EXERCISE DESCRIPTION: Print the line containing "in Holds r.outcome r.world" and every line after it exactly as written, through the end of the records.

MATERIAL SUPPLIED:
------------------------------------------------

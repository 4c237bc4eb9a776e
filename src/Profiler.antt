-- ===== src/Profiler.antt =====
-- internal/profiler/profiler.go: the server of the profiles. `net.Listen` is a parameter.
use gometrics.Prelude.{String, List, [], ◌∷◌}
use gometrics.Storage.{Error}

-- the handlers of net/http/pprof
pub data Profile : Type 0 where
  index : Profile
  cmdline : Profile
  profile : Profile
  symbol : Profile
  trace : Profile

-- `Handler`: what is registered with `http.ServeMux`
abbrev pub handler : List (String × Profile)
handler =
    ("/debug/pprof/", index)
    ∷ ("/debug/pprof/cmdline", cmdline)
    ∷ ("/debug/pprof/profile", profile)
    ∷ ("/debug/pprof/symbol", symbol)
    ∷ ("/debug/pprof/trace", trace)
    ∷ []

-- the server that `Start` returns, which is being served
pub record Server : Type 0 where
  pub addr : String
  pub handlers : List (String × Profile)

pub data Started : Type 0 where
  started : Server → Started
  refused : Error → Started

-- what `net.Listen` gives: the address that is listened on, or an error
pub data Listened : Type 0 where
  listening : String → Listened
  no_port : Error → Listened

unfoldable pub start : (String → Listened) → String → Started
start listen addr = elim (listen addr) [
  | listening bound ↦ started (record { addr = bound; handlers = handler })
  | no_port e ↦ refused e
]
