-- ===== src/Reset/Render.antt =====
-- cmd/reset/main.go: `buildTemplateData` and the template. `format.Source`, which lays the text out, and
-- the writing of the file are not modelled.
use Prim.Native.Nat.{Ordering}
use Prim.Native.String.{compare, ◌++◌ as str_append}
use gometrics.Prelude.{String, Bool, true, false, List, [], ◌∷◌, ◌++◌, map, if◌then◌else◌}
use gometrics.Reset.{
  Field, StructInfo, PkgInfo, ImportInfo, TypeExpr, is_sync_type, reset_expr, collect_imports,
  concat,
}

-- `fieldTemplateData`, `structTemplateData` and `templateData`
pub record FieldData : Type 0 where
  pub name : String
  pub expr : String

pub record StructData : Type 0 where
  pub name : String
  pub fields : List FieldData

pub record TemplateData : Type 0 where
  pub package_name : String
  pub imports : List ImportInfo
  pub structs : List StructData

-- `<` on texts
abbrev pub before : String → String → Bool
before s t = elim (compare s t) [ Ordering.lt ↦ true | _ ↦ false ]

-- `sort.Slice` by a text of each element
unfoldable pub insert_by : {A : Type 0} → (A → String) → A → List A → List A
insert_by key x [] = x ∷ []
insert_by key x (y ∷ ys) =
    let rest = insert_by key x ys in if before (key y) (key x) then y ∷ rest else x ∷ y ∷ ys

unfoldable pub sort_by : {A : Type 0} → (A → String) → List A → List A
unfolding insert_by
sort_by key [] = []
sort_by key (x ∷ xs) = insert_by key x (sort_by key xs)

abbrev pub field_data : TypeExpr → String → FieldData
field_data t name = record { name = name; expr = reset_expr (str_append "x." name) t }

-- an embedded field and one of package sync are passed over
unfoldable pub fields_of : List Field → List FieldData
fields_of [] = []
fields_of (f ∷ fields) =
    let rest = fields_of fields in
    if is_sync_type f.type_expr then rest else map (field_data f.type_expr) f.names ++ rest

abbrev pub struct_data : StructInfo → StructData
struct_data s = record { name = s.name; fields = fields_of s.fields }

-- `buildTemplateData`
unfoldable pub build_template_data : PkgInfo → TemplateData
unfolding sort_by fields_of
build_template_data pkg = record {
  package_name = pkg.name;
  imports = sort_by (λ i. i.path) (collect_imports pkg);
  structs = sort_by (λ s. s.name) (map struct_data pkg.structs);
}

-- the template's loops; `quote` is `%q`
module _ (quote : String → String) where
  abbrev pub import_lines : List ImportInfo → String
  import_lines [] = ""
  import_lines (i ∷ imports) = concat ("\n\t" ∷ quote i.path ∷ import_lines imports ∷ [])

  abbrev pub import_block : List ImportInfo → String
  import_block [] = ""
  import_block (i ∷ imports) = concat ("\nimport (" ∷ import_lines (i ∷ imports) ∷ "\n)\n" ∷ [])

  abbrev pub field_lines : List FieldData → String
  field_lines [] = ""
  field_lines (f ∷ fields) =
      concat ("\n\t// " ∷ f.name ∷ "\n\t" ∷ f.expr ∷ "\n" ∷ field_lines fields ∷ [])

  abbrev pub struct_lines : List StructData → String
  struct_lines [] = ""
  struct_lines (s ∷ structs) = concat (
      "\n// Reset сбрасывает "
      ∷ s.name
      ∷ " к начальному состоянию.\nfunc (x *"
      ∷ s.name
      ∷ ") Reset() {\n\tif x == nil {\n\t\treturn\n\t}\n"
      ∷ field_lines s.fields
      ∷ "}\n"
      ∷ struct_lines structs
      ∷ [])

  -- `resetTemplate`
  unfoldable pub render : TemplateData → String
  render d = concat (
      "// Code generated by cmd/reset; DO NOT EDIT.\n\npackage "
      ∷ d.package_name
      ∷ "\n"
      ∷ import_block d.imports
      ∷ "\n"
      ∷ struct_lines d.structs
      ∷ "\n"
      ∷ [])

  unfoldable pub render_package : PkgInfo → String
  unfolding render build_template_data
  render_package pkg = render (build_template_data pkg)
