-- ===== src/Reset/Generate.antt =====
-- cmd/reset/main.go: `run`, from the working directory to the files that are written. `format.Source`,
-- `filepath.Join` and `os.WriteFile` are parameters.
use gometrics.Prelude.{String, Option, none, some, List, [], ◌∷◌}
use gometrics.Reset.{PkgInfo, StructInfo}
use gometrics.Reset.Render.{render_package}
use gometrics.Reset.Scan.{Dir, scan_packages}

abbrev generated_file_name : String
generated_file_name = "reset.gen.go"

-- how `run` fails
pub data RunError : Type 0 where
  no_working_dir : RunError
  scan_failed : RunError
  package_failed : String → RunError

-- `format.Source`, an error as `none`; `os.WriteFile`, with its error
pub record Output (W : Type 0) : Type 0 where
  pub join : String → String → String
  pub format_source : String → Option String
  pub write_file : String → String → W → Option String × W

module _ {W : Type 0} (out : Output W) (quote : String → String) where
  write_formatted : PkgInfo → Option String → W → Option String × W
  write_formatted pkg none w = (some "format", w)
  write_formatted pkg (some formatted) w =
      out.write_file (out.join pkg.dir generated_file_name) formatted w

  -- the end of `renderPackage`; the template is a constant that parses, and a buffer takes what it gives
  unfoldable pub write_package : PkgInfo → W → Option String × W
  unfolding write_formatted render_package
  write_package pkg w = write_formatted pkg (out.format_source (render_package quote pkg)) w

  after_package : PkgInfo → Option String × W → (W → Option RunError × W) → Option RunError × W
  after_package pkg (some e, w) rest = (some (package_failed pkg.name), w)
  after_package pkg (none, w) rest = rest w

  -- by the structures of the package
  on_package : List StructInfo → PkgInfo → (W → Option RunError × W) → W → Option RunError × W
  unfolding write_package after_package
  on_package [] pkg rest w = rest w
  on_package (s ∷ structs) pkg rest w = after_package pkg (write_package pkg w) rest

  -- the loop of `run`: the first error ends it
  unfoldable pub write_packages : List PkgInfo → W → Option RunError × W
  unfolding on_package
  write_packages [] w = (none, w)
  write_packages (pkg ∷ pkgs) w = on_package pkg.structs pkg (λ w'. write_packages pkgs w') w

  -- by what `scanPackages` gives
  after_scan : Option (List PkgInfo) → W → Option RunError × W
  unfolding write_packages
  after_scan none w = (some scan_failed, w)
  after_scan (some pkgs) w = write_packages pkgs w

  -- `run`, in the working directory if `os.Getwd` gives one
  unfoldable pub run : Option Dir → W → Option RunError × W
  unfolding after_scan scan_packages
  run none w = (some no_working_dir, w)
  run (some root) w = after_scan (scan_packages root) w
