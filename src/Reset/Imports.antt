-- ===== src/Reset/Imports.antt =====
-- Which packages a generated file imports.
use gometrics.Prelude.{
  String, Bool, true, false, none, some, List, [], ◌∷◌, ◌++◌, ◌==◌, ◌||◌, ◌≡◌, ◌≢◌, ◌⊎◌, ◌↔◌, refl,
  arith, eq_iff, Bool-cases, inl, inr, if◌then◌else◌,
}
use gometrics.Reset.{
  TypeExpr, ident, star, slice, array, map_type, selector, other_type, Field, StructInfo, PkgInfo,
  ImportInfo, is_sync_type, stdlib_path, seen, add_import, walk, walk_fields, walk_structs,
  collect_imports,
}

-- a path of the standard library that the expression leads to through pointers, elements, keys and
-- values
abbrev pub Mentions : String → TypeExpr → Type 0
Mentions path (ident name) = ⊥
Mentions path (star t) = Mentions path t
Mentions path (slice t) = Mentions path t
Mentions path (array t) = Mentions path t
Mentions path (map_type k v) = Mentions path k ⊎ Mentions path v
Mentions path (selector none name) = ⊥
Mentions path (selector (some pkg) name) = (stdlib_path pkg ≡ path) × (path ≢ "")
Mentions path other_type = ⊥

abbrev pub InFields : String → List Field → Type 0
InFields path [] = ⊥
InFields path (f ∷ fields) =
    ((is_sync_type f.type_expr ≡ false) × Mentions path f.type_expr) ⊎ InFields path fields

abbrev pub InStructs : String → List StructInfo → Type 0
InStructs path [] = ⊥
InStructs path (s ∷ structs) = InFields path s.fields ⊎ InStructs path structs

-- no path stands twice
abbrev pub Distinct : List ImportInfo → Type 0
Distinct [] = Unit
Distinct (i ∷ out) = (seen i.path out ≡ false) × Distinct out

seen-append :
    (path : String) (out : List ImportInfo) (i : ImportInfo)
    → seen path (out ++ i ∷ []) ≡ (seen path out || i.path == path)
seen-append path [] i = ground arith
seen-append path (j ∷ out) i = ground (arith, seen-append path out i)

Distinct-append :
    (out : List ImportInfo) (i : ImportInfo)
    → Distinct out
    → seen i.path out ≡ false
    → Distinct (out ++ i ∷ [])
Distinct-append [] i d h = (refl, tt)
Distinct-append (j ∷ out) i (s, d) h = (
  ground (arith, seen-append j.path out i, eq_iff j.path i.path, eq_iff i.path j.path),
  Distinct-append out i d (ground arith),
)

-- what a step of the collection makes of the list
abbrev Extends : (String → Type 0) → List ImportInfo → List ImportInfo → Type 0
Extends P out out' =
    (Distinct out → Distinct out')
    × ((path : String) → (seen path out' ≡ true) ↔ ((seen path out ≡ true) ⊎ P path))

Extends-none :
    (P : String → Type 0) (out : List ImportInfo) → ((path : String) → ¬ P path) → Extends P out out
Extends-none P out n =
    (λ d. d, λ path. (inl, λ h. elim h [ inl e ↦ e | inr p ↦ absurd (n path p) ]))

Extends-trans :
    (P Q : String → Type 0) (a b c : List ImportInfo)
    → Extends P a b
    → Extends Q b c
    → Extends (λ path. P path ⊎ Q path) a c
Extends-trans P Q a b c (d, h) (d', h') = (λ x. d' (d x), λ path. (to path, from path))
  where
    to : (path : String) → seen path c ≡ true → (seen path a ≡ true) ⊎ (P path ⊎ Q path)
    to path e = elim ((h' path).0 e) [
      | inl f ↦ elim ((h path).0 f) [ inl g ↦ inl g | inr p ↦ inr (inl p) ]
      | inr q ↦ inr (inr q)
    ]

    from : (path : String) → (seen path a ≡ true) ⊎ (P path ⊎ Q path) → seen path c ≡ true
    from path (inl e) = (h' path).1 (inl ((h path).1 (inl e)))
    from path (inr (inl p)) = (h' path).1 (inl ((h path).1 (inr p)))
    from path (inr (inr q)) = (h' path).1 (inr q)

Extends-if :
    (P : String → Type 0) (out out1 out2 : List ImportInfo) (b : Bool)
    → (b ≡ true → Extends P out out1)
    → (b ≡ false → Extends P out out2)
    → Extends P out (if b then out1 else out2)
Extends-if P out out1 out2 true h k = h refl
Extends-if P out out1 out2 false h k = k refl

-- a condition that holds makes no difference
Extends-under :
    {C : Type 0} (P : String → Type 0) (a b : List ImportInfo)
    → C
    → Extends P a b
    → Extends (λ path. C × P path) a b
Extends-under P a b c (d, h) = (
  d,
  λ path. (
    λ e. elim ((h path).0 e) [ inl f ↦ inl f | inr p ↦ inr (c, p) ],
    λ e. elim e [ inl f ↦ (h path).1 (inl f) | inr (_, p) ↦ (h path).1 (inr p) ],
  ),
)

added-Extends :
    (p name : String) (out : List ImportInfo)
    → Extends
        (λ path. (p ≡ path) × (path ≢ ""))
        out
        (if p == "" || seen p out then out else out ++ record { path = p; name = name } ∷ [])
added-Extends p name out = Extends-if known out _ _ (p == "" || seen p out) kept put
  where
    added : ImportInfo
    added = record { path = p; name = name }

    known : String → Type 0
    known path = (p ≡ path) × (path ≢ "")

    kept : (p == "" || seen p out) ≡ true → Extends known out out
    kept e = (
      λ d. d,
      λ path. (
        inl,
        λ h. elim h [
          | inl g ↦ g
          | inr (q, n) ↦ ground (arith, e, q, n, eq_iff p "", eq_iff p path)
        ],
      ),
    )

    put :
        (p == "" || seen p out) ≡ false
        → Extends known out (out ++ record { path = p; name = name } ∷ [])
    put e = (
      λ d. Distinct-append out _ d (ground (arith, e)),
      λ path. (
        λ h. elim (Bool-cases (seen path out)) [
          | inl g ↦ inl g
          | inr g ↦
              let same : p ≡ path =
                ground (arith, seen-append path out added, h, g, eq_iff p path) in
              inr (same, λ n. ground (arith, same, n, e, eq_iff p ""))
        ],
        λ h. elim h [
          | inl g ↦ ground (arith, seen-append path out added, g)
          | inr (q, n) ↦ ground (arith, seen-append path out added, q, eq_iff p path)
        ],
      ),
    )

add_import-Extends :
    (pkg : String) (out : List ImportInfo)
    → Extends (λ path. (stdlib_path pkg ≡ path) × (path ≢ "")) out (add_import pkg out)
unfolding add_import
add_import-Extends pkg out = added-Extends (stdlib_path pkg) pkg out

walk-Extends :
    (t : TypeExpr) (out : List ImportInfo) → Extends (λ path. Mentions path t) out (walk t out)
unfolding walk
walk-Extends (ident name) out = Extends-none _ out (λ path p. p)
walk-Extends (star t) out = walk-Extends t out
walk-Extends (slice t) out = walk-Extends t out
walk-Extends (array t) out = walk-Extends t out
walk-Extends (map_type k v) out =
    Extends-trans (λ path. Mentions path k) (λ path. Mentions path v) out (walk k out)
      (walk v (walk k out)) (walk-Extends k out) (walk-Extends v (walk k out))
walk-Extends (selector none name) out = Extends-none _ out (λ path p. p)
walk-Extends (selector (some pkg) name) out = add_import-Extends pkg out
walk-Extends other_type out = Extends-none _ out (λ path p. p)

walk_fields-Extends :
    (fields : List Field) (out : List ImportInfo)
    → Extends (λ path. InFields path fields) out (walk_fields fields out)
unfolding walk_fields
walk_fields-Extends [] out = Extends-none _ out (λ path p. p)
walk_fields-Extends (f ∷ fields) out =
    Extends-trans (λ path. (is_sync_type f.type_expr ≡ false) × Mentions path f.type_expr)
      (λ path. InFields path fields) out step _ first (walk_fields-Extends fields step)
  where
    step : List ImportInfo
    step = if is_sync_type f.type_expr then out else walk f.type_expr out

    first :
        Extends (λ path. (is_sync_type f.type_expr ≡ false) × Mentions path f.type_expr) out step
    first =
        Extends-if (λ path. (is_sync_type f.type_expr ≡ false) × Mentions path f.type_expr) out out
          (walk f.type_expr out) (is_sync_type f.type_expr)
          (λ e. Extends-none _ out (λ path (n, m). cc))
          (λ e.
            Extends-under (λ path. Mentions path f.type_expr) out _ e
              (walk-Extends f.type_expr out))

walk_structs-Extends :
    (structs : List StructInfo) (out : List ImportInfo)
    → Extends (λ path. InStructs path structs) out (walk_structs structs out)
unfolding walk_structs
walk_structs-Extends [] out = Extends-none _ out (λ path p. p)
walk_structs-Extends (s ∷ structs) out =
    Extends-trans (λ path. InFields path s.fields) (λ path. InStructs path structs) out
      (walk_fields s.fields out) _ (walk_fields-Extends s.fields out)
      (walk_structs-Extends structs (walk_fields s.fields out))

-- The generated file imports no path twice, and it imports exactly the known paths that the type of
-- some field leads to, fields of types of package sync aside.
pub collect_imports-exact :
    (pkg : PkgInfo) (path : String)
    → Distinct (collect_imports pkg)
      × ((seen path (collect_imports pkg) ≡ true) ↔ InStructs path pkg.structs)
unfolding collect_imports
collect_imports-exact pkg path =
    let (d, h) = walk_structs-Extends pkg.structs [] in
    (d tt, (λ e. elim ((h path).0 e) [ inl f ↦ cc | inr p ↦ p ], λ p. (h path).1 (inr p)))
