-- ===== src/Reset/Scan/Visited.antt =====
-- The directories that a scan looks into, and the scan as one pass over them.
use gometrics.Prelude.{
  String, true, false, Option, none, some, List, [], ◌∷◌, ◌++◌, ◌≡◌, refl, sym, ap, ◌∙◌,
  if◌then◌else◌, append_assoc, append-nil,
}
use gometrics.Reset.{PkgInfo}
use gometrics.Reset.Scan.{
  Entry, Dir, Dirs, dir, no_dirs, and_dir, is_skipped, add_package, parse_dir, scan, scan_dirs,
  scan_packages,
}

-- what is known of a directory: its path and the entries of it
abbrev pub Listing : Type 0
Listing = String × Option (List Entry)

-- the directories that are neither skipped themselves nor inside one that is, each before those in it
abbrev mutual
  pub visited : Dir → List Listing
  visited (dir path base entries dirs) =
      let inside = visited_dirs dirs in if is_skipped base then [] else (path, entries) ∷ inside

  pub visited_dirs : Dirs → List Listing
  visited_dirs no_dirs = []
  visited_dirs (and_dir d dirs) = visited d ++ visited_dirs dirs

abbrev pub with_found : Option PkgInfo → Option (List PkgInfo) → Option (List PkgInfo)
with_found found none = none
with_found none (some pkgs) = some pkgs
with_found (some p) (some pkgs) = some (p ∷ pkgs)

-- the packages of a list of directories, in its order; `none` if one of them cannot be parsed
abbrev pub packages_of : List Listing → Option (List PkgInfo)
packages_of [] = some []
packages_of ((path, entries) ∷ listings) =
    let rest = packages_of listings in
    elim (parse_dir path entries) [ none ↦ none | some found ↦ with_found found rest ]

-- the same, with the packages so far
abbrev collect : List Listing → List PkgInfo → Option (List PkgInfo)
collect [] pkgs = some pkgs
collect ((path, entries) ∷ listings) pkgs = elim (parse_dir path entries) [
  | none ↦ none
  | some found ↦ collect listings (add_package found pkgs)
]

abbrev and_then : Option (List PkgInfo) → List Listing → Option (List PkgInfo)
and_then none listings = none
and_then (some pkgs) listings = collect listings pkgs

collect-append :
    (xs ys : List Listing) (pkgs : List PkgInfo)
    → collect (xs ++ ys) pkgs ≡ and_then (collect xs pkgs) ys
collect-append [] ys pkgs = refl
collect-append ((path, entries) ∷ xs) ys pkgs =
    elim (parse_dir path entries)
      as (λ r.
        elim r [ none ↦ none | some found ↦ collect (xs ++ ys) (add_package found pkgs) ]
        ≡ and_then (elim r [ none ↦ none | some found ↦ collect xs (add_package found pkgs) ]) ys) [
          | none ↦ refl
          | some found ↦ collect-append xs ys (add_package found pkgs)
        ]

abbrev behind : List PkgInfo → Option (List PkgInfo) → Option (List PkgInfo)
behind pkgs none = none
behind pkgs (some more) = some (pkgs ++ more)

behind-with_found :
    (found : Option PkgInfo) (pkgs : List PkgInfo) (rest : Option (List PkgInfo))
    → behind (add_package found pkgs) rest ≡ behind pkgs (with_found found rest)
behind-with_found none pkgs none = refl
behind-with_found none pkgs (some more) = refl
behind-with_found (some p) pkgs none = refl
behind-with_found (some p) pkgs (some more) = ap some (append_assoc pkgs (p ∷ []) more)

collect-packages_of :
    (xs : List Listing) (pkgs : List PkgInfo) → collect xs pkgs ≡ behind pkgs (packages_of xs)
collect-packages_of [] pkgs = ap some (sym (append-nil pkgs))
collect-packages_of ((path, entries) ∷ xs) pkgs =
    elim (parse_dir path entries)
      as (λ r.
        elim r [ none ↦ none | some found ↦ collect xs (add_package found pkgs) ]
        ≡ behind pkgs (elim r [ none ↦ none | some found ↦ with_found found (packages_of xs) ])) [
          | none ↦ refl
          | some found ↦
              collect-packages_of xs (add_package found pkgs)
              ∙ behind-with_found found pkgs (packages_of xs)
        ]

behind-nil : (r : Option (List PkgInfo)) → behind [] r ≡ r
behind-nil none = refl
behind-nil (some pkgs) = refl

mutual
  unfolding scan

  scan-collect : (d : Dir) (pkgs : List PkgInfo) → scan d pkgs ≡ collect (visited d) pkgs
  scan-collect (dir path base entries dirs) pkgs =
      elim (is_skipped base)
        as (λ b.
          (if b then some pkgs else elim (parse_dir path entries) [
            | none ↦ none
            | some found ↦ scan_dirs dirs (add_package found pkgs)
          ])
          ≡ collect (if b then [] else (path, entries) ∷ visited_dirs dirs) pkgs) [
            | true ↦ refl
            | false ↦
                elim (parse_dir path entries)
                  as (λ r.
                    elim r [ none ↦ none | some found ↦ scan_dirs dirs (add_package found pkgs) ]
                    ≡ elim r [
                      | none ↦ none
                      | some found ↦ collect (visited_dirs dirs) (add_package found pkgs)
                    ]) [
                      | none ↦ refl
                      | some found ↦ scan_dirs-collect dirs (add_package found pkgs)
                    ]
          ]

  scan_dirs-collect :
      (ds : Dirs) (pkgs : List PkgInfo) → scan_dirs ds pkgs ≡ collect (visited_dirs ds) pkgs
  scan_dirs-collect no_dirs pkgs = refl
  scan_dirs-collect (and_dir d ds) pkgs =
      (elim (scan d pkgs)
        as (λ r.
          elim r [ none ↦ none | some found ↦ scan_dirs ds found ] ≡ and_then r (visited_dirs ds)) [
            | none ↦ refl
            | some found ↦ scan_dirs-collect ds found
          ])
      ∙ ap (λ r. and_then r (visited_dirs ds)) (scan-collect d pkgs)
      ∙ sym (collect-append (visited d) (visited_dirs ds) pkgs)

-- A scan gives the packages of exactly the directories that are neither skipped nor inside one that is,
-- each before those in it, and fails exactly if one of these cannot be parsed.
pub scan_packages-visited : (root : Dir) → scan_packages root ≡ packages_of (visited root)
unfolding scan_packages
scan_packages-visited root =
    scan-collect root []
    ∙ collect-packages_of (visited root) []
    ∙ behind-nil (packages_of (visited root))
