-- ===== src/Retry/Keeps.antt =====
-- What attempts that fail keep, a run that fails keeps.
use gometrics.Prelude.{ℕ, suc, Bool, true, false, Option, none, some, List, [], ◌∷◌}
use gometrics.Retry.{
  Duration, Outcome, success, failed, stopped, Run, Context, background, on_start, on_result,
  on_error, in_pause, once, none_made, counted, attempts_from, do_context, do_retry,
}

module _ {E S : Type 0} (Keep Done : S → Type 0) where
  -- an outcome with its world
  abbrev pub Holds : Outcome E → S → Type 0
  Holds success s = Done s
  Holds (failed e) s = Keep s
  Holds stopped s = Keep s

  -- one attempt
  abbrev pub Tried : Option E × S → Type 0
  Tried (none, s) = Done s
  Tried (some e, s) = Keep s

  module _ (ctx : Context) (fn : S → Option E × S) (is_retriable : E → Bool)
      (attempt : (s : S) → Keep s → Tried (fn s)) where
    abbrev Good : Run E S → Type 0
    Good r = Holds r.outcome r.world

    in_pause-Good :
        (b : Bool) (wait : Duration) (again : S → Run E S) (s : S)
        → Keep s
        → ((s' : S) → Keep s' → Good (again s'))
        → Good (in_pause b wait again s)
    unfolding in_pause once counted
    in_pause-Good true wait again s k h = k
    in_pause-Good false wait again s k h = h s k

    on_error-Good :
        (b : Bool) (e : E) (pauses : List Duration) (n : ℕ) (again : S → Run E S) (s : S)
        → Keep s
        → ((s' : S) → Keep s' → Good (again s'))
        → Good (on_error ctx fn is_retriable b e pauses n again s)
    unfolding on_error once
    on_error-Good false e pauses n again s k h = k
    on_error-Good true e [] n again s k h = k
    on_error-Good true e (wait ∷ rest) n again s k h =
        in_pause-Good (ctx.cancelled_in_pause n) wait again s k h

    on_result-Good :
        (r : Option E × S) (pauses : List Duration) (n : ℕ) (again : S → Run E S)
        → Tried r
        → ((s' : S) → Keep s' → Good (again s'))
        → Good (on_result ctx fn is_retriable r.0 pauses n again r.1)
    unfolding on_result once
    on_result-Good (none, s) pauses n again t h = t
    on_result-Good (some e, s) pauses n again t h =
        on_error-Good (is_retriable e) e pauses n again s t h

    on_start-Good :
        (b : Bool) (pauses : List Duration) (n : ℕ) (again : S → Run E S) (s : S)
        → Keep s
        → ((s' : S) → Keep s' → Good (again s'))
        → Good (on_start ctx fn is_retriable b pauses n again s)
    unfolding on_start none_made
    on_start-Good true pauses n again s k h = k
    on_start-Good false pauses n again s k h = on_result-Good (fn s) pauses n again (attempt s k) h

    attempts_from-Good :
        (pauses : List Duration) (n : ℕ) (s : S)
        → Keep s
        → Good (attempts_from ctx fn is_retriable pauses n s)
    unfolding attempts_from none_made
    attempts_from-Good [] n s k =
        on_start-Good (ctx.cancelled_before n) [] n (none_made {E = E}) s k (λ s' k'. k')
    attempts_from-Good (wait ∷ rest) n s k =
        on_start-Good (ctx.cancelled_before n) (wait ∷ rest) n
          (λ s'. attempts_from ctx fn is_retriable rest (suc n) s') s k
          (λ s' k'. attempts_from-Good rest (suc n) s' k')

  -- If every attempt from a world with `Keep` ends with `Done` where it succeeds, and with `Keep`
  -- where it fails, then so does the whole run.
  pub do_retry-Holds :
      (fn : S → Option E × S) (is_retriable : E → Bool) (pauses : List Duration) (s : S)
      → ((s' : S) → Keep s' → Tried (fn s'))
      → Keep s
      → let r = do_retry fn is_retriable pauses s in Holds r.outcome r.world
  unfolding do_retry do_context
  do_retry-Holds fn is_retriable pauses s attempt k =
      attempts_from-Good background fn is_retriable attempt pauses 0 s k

------------------------------------------------

OUTPUT BELOW:
      → let r = do_retry fn is_retriable pauses s in Holds r.outcome r.world
  unfolding do_retry do_context
  do_retry-Holds fn is_retriable pauses s attempt k =
      attempts_from-Good background fn is_retriable attempt pauses 0 s k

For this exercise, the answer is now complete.